-- ===== src/Tests/Tool.antt =====
-- The commands fmt and lint of internal/cli/cli.go over the standard input, with a formatter that wants
-- the text "a".
use bloblang_lsp.Common.{Bool, true, false, some, [], ◌∷◌, codes, text_is_eq, ◌≡◌, refl}
use bloblang_lsp.Common.Int.{pos}
use bloblang_lsp.Cli.Tool.{
  fmt, lint, CommandOptions, given_flags, Surroundings, check_options, handle_input, handle_inputs,
  report, run_tool, print_lines, add_diagnostics,
}
use bloblang_lsp.Cli.Files.{read_input}
use bloblang_lsp.Cli.Files.Inputs.{collect_inputs}
use bloblang_lsp.Tests.Discovery.{system, names}
use bloblang_lsp.Tests.Replace.{Files, files, one_file}
use bloblang_lsp.Common.Sorting.{sort, insert_sorted}

abbrev around : Surroundings Files
around = record {
  system_of = λ _. system;
  fs = files;
  names = names;
  tool_format = λ _ _ _. some (codes "a");
  tool_lint = λ _ text _. some (record {
    text = text;
    diagnostics =
        record {
          line = 1;
          column = 2;
          end_line = 1;
          end_column = 3;
          severity = codes "hint";
          code = [];
          message = codes "m";
        }
        ∷ [];
  });
  decimal = λ n. n ∷ [];
  encode = λ _. [];
  print = λ w _. (w, true);
  cancelled = λ _. false;
}

abbrev options : Bool → CommandOptions
options check = record {
  write = false;
  check = check;
  fix = false;
  no_ignore = false;
  format = codes "text";
  stdin_path = [];
  tab_size = pos 2;
}

unformatted :
    (run_tool around fmt (given_flags (options true) []) (some (codes "b")) true one_file).1 ≡ 1
unfolding run_tool check_options collect_inputs handle_inputs handle_input read_input report
unformatted = refl

formatted :
    (run_tool around fmt (given_flags (options true) []) (some (codes "a")) true one_file).1 ≡ 0
unfolding run_tool check_options collect_inputs handle_inputs handle_input read_input report
formatted = refl

-- A hint is no finding.
hint :
    (run_tool around lint (given_flags (options false) []) (some (codes "b")) true one_file).1 ≡ 0
unfolding run_tool check_options collect_inputs handle_inputs handle_input read_input report
    print_lines sort insert_sorted add_diagnostics
hint = refl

▸ ACTION ITEM:
Read the data above and pull out each line that holds the string "sort".

▸ FINISHED EXERCISE:
use bloblang_lsp.Common.Sorting.{sort, insert_sorted}
    print_lines sort insert_sorted add_diagnostics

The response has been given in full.